Problem to work on: The output should consist solely of the line containing "-- A block above" and the lines that follow it through the end of the data below.

Source material:
-- ===== src/Chainstate/Tree.antt =====
-- The well-formed tables of src/chainstate.cpp: the invariant of the tree of blocks.
use xayax.Prelude.{◌+◌, ◌≤◌, ◌<◌, ◌≡◌, ◌≢◌, List, some, true}
use xayax.BlockData.{BlockData, Codec}
use xayax.Chainstate.Table.{Row, constraints_hold}
use xayax.Chainstate.Fork.{decode}
use xayax.Chainstate.Members.{In}

module _ {Json : Type 0} (codec : Codec Json) where
  pub record IsTree (rs : List Row) : Type 0 where
    -- The constraints of the table.
    pub keys : constraints_hold rs ≡ true
    -- The stored bytes are those of a block that agrees with the columns.
    pub stored : (r : Row) → In r rs → (blk : BlockData Json) × (decode codec r ≡ some blk)
    -- A block is one above its parent.
    pub heights : (r p : Row) → In r rs → In p rs → p.hash ≡ r.parent → p.height + 1 ≡ r.height
    -- A block above another of its branch has its parent on the branch.
    pub linked :
        (r q : Row)
        → In r rs
        → In q rs
        → q.branch ≡ r.branch
        → q.height < r.height
        → (p : Row) × In p rs × (p.hash ≡ r.parent) × (p.branch ≡ r.branch)
    -- Where the parent of a block on a branch is missing, it has been pruned: the main chain's blocks
    -- start at the block's height at least.
    pub pruned :
        (r q : Row)
        → In r rs
        → In q rs
        → r.branch ≢ 0
        → ((p : Row) → In p rs → p.hash ≢ r.parent)
        → q.branch ≡ 0
        → r.height ≤ q.height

Response area:
    -- A block above another of its branch has its parent on the branch.
    pub linked :
        (r q : Row)
        → In r rs
        → In q rs
        → q.branch ≡ r.branch
        → q.height < r.height
        → (p : Row) × In p rs × (p.hash ≡ r.parent) × (p.branch ≡ r.branch)
    -- Where the parent of a block on a branch is missing, it has been pruned: the main chain's blocks
    -- start at the block's height at least.
    pub pruned :
        (r q : Row)
        → In r rs
        → In q rs
        → r.branch ≢ 0
        → ((p : Row) → In p rs → p.hash ≢ r.parent)
        → q.branch ≡ 0
        → r.height ≤ q.height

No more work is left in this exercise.